[REQUIRED ACTION] Begin with the first line of the entries below and reproduce each line exactly, ending with the line that holds "pub order_item_id : ℕ".

━━ INPUT DATA

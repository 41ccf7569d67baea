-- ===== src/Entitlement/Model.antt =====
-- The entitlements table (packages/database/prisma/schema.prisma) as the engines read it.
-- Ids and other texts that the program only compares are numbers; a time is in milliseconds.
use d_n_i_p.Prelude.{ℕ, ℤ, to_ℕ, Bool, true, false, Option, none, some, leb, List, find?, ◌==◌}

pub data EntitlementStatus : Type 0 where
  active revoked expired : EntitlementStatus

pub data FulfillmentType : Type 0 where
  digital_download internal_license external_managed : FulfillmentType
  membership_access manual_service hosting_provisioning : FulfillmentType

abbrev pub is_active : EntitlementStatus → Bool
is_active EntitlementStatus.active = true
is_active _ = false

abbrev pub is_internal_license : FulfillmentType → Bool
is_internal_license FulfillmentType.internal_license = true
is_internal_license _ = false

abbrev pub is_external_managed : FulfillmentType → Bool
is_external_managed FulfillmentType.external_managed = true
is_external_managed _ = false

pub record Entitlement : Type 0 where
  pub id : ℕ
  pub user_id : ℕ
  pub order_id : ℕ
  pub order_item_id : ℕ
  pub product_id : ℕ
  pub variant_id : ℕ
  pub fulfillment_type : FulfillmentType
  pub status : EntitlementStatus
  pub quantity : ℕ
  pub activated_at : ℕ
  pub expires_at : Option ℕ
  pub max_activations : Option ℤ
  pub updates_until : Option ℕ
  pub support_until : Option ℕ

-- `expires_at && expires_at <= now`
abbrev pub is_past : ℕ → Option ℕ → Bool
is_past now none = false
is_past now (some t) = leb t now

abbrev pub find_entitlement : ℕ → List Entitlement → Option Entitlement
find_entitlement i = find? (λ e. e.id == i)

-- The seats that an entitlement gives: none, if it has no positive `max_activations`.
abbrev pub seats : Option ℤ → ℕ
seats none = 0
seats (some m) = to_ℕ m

━━━━

[THE ANSWER]
repository 41ccf7569d67baea
-- ===== src/Entitlement/Model.antt =====
-- The entitlements table (packages/database/prisma/schema.prisma) as the engines read it.
-- Ids and other texts that the program only compares are numbers; a time is in milliseconds.
use d_n_i_p.Prelude.{ℕ, ℤ, to_ℕ, Bool, true, false, Option, none, some, leb, List, find?, ◌==◌}

pub data EntitlementStatus : Type 0 where
  active revoked expired : EntitlementStatus

pub data FulfillmentType : Type 0 where
  digital_download internal_license external_managed : FulfillmentType
  membership_access manual_service hosting_provisioning : FulfillmentType

abbrev pub is_active : EntitlementStatus → Bool
is_active EntitlementStatus.active = true
is_active _ = false

abbrev pub is_internal_license : FulfillmentType → Bool
is_internal_license FulfillmentType.internal_license = true
is_internal_license _ = false

abbrev pub is_external_managed : FulfillmentType → Bool
is_external_managed FulfillmentType.external_managed = true
is_external_managed _ = false

pub record Entitlement : Type 0 where
  pub id : ℕ
  pub user_id : ℕ
  pub order_id : ℕ
  pub order_item_id : ℕ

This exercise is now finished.